Well...the short of it is my wife hears somehow, my mother and sister think my wife is cheating on me from MY question...and I want to beat them all with a stick (metaphorically speaking)

I've seen it here before. "My husband looked at an escort site. He MUST be having multigirl orgies the moment my back is turned...despite there being no monetary proof...my husband asked this question about sex and I never did that with him...where is he learning this stuff..."

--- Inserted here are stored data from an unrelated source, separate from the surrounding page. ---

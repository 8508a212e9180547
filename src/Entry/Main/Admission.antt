-- ===== src/Entry/Main/Admission.antt =====
-- Whom a server lets in, from both command lines (main.go, websocket_server.go and tcp_client.go).
use tunnel.Prelude.{
  Bytes, Bool, true, false, List, [], ◌∷◌, ◌≡◌, ap, ◌≤◌, ◌<◌, ◌↔◌, ◌⊎◌, Option, none, some,
  bytes_eq,
}
use tunnel.Text.{split}
use tunnel.Ech.Cache.{prepare_ech}
use tunnel.Http.Request.{Url}
use tunnel.Server.Access.{
  Listening, plain, with_files, self_signed, upgraded, allowed_nets, listen_path, listening,
  subprotocols, serve_request, Covers, serve_request_iff,
}
use tunnel.Server.Listen.{with_cert, with_nets, with_url, run_web_socket_server}
use tunnel.Pool.State.{Pool}
use tunnel.Proxy.Startup
use tunnel.TcpClient.Rules
use tunnel.Entry.{Mode, server, tcp_client, proxy, no_mode, mode_of}
use tunnel.Entry.Main.{
  Flags, Run, serving, Outside, as_server, as_forwarder, as_proxy, behind_prepare, run_mode, main,
}

-- Only the characters U+0021 to U+007E, which are those that RFC 6455 gives a subprotocol.
abbrev pub IsVisible : Bytes → Type 0
IsVisible [] = Unit {0}
IsVisible (c ∷ token) = (33 ≤ c) × (c < 127) × IsVisible token

-- With one subprotocol for a token and none without, the header that the server reads is the token.
header_of_token :
    (header_of : List Bytes → Bytes) (token : Bytes)
    → IsVisible token
    → header_of [] ≡ []
    → ((t : Bytes) → IsVisible t → header_of (t ∷ []) ≡ t)
    → header_of (subprotocols token) ≡ token
unfolding subprotocols bytes_eq
header_of_token header_of [] v a b = a
header_of_token header_of (c ∷ token) v a b = b (c ∷ token) v

module _ {Cidr : Type 0} (o : Outside Cidr) (f : Flags) (nets : List Cidr) (host path : Bytes)
    (l : Listening) where
  with_cert-serves :
      (made : Bool) (found : List Cidr) (h p : Bytes) (k : Listening)
      → as_server (with_cert o.net made found h p k) ≡ serving nets host path l
      → found ≡ nets
  with_cert-serves true found h p k e = cc
  with_cert-serves false found h p self_signed e = cc
  with_cert-serves false found h p plain e = cc
  with_cert-serves false found h p with_files e = cc

  with_nets-serves :
      (u : Url) (found : Option (List Cidr))
      → as_server (with_nets o.net o.made f.cert_file f.key_file u found) ≡ serving nets host path l
      → found ≡ some nets
  with_nets-serves u none e = cc
  with_nets-serves u (some found) e = ap some (
      with_cert-serves o.made found u.host (listen_path u.path)
        (listening u.scheme f.cert_file f.key_file) e)

  with_url-serves :
      (found : Option Url)
      → as_server (with_url o.net o.made f.cidrs f.cert_file f.key_file found)
        ≡ serving nets host path l
      → allowed_nets o.net f.cidrs ≡ some nets
  with_url-serves none e = cc
  with_url-serves (some u) e = with_nets-serves u (allowed_nets o.net f.cidrs) e

  as_forwarder-serves :
      (made : Option Pool) (cache : Bytes) (r : Rules.Start)
      → ¬ (as_forwarder made cache r ≡ serving nets host path l)
  as_forwarder-serves made cache Rules.refused e = cc
  as_forwarder-serves none cache (Rules.starts forwards stopped) e = cc
  as_forwarder-serves (some p) cache (Rules.starts forwards stopped) e = cc

  as_proxy-serves :
      (made : Option Pool) (cache : Bytes) (r : Option Startup.Start)
      → ¬ (as_proxy made cache r ≡ serving nets host path l)
  as_proxy-serves made cache none e = cc
  as_proxy-serves made cache (some Startup.refused) e = cc
  as_proxy-serves none cache (some (Startup.serves c)) e = cc
  as_proxy-serves (some p) cache (some (Startup.serves c)) e = cc

  behind_prepare-serves :
      (found : Option Bytes) (next : Bytes → Run Cidr)
      → ((cache : Bytes) → ¬ (next cache ≡ serving nets host path l))
      → ¬ (behind_prepare found next ≡ serving nets host path l)
  behind_prepare-serves none next n e = cc
  behind_prepare-serves (some cache) next n e = n cache e

  run_mode-serves :
      (mode : Mode)
      → run_mode o f mode ≡ serving nets host path l
      → allowed_nets o.net f.cidrs ≡ some nets
  unfolding run_mode run_web_socket_server
  run_mode-serves server e = with_url-serves (o.parse_url f.listen_addr) e
  run_mode-serves tcp_client e =
      absurd (
        behind_prepare-serves (prepare_ech o.attempts) _ (λ cache. as_forwarder-serves _ cache _) e)
  run_mode-serves proxy e =
      absurd
        (behind_prepare-serves (prepare_ech o.attempts) _ (λ cache. as_proxy-serves _ cache _) e)
  run_mode-serves no_mode e = cc

  -- For a client whose token is empty or of visible ASCII characters without a space: a server that is
  -- started with the flags `f` lets a request that comes to the handler of its path, from a client with
  -- the token of the flags `g`, through to the upgrade exactly if the source's address is in one of the
  -- networks of its flag -cidr, and its own token is empty or the client's. The client's WebSocket library is taken to send
  -- such a token, as its only subprotocol, in the header Sec-WebSocket-Protocol, where net/http reads
  -- it as it is; without a subprotocol the header is read as empty.
  pub main-admits_iff :
      (g : Flags) (header_of : List Bytes → Bytes) (remote : Bytes)
      → main o f ≡ serving nets host path l
      → IsVisible g.token
      → header_of [] ≡ []
      → ((t : Bytes) → IsVisible t → header_of (t ∷ []) ≡ t)
      → (serve_request o.net nets f.token remote (header_of (subprotocols g.token)) ≡ upgraded) ↔ (
          (client_ip : Bytes) × (port : Bytes) × (o.net.split_host_port remote
            ≡ some (client_ip, port))
          × Covers o.net (split b',' f.cidrs) (o.net.parse_ip client_ip)
          × ((f.token ≡ []) ⊎ (g.token ≡ f.token)))
  unfolding main
  main-admits_iff g header_of remote e v a b = rw (header_of_token header_of g.token v a b) (
      serve_request_iff o.net f.cidrs nets f.token remote g.token
        (run_mode-serves (mode_of f.listen_addr) e))
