-- ===== src/Entry/Main/Forwards.antt =====
-- The client of the mode tcp:// from its command line on (main.go, tcp_client.go, pool.go).
use tunnel.Prelude.{
  ℕ, Bytes, false, List, [], ◌∷◌, ◌++◌, map, ◌≡◌, ◌≢◌, refl, sym, ap, ◌∙◌, Option, some, ◌<◌, pos,
  codes,
}
use tunnel.Text.{Lacks, join, has_prefix}
use tunnel.Ech.Cache.{prepare_ech}
use tunnel.Http.Request.{Url}
use tunnel.Pool.State.{Pool, Info, new_ech_pool}
use tunnel.Pool.Start.{make_pool, start, channels, IsOrder}
use tunnel.Pool.Dial.Liveness.{Answers}
use tunnel.TcpClient.Dial
use tunnel.TcpClient.Dial.Bounds.{AllWithEch}
use tunnel.TcpClient.Rules.{Rule, rule_text, AreRules, forward_of, run_tcp_client-rules}
use tunnel.Server.Handler.{Server, Network}
use tunnel.Server.Tcp.{Round}
use tunnel.Local.{tcp_forward}
use tunnel.EndToEnd.Startup.{Opens, start-Opens}
use tunnel.Entry.{tcp_client, mode_of}
use tunnel.Entry.Main.{Flags, flags_of, forwarding, Outside, or_default, run_mode, main}

mode_of-tcp : (rest : Bytes) → mode_of (codes "tcp://" ++ rest) ≡ tcp_client
unfolding mode_of has_prefix
mode_of-tcp rest = refl

module _ {Cidr : Type 0} (o : Outside Cidr) (f : Flags) where
  main-forwarding :
      (n : ℕ) (r : Rule) (rules : List Rule) (u : Url) (cache : Bytes)
      → f.listen_addr ≡ codes "tcp://" ++ join b',' (rule_text r) (map rule_text rules)
      → AreRules (r ∷ rules)
      → f.forward_addr ≢ []
      → o.parse_url f.forward_addr ≡ some u
      → u.scheme ≡ codes "wss"
      → f.connection_num ≡ pos n
      → prepare_ech o.attempts ≡ some cache
      → main o f
        ≡ forwarding (new_ech_pool f.forward_addr n) cache (map forward_of (r ∷ rules)) false
  unfolding main run_mode make_pool
  main-forwarding n r rules u cache l h ne p s c e = rw (
    l,
    mode_of-tcp (join b',' (rule_text r) (map rule_text rules)),
    e,
    c,
    run_tcp_client-rules o.parse_url r rules f.forward_addr u h ne p s,
  )

-- A client that is started with rules as the flag's documentation writes them, with a WebSocket server at
-- a wss:// address and with a number of channels that is not negative, once its ECH list has come in: it
-- forwards for just these rules. Where each channel comes to a round in which the resolver answers and
-- the server takes the dial, the pool is started, in whatever order the channels connect, and every dial
-- was given an ECH list. A new connection then opens over any of the channels in two rounds of frames if
-- the server can dial its target, which holds no `|`, and the tunnel carries its bytes both ways.
pub main-Opens :
    {Cidr Addr : Type 0} (o : Outside Cidr) (given : Bytes → Option Bytes) (n : ℕ) (r : Rule)
    (rules : List Rule) (addr : Bytes) (u : Url) (cache : Bytes) (world : ℕ → ℕ → ℕ → Dial.Round)
    (tries sockets : ℕ → ℕ) (order : List ℕ)
    → given (codes "l") ≡ some (codes "tcp://" ++ join b',' (rule_text r) (map rule_text rules))
    → given (codes "f") ≡ some addr
    → AreRules (r ∷ rules)
    → addr ≢ []
    → o.parse_url addr ≡ some u
    → u.scheme ≡ codes "wss"
    → prepare_ech o.attempts ≡ some cache
    → IsOrder order (channels n 0)
    → ((i : ℕ) → i < n → Answers (world i (tries i)) (sockets i))
    → (main o (flags_of given (some (pos n)))
        ≡ forwarding (new_ech_pool addr n) cache (map forward_of (r ∷ rules)) false)
      × ((q : Pool) × ((start world tries order (new_ech_pool addr n) cache).2 ≡ some q)
          × AllWithEch (start world tries order (new_ech_pool addr n) cache).0
          × ((net : Network Addr) (d : ℕ) (id : Bytes) (info : Info) (conn i : ℕ) (clock : ℕ → ℕ)
                (s : Server Addr) (chunks : List Bytes) (rounds : List Round)
              → i < n
              → Lacks b'|' id
              → Lacks b'|' info.target_addr
              → Opens net tcp_forward d id info conn i clock q s chunks rounds))
unfolding flags_of
main-Opens o given n r rules addr u cache world tries sockets order l g h ne p s e order_of a =
    let f = flags_of given (some (pos n)) in
    let same : f.forward_addr ≡ addr = ap (λ v. or_default v []) g in
    let runs =
      main-forwarding o f n r rules u cache (ap (λ v. or_default v []) l) h
        (λ none_given. ne (sym same ∙ none_given)) (ap o.parse_url same ∙ p) s refl e in
    let (q, started, with_ech, opens) =
      start-Opens addr n world tries sockets order cache order_of a in
    (
      runs ∙ ap (λ v. forwarding (new_ech_pool v n) cache (map forward_of (r ∷ rules)) false) same,
      (
        q,
        started,
        with_ech,
        λ net d id info conn i clock t chunks rounds lt k m.
            opens net tcp_forward d id info conn i clock t chunks rounds lt k m,
      ),
    )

Why do women need to fill in the blanks all the time? And it's never the 'best case scenario'. It's always the worst.


----------



## soccermom2three (Jan 4, 2013)

Really?! I mean, really?! 

I don't think I need to fill in any blanks if my husband is looking at escort sites. The act itself tells me everything I need to know.


----------



## JCD (Sep 2, 2012)

soccermom2three said:


> Really?! I mean, really?!
> 
> I don't think I need to fill in any blanks if my husband is looking at escort sites. The act itself tells me everything I need to know.


That he wonders what an escort looks like? There you go, jumping to conclusions.

Not defending THAT action as an action. It describes issues in a marriage. But it does not paint a guy who is A) calling and B) paying for someone.

Unfortunately, porn has, due to it's access, become very pervasive in our culture. So a guy, in three little clicks, can take a peek at...whatever. Same as a woman going into Sak's, looking at a purse she REALLY REALLY WANTS...but she knows she's never going to buy because $3000 for a purse is insane.

But I note that you totally avoided the other longer example I cited.


----------



## Maricha75 (May 8, 2012)

Ok..regarding the conversation with "Mom"...did you TELL her the reason you asked was because of memes and such you saw advertised on various sites?? 

Funny, if I was asking something like that, men would be assuming that either 1. I was looking to hook up with someone or 2. my husband was doing that. And when I say men, I mean men in the family. And if it got back to my hubsnad, HE would get bent out of shapeas well. It's not exclusive to us women, dear. You men get pretty... odd... about such things as well.

As for the escort thing you brought up as another example, I wouldn't assume he was having orgies with escorts... but I sure as hell would be asking what the F*CK he was looking at that sh*t for!


----------



## soccermom2three (Jan 4, 2013)

JCD said:


> But I note that you totally avoided the other longer example I cited.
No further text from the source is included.